=== Section Start ===

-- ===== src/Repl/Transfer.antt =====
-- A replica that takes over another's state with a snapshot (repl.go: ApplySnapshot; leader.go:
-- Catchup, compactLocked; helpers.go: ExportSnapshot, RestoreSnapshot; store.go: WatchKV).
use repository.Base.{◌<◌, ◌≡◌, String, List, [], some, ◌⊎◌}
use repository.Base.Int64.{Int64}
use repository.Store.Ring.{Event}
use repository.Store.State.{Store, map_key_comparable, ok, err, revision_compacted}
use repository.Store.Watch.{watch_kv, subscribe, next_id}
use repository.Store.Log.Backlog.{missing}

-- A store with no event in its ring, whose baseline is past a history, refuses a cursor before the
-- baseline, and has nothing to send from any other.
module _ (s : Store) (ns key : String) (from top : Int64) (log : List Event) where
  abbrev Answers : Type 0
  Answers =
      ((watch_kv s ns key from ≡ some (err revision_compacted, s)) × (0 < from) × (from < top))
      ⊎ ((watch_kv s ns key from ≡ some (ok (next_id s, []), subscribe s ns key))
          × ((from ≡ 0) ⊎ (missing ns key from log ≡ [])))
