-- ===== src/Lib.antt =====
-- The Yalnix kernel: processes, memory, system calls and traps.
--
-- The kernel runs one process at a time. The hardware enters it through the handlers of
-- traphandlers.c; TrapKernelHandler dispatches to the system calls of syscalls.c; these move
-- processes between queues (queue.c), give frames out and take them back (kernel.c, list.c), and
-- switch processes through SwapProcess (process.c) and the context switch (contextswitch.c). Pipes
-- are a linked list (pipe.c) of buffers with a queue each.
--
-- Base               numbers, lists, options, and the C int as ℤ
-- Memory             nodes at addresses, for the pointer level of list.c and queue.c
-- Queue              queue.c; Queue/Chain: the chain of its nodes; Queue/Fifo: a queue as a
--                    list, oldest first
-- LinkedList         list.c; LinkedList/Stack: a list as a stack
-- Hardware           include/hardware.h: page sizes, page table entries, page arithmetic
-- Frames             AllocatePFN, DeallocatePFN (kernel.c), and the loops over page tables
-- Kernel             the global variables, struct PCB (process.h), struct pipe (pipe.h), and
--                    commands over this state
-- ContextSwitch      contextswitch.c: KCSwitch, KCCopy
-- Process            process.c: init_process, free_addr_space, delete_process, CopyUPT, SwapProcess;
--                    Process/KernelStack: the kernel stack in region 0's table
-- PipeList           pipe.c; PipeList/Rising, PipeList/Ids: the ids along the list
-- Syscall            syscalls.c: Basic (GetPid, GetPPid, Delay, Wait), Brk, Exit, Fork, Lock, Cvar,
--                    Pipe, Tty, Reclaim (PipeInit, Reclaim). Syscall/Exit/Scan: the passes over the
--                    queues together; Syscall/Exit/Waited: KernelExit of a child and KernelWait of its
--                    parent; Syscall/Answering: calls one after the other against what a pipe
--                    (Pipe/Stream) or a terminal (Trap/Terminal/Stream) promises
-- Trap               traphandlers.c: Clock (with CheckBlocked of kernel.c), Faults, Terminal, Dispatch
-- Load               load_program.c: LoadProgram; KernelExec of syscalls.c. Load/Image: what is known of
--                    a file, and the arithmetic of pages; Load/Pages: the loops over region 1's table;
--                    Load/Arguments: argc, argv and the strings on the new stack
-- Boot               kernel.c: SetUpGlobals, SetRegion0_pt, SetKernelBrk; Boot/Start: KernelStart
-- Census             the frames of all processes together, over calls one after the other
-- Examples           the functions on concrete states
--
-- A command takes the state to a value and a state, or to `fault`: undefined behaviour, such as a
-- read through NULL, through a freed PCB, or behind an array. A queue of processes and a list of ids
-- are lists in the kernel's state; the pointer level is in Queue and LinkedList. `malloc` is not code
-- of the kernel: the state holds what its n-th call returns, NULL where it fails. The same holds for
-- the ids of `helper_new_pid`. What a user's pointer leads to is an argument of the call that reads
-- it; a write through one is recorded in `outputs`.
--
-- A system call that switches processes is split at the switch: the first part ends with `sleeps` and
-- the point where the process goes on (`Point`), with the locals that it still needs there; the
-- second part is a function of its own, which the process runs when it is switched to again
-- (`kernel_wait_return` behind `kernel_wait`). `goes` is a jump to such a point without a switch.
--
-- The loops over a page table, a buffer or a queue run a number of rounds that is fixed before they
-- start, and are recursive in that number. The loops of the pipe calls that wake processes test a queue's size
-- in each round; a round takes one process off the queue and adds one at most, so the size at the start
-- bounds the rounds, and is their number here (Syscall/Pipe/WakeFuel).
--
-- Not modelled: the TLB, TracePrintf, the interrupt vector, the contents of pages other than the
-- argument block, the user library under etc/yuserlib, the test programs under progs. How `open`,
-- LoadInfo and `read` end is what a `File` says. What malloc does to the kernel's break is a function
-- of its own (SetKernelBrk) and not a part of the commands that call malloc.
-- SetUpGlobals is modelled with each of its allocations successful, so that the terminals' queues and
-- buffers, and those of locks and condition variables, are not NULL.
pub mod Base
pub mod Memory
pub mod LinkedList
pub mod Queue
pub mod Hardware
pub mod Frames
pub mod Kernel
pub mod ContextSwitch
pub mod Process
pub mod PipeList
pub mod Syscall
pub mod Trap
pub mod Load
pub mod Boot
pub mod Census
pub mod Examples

=== Section End ===

In the listing above, count each line that holds the string "processes". Give the number only.

(Completed task):
7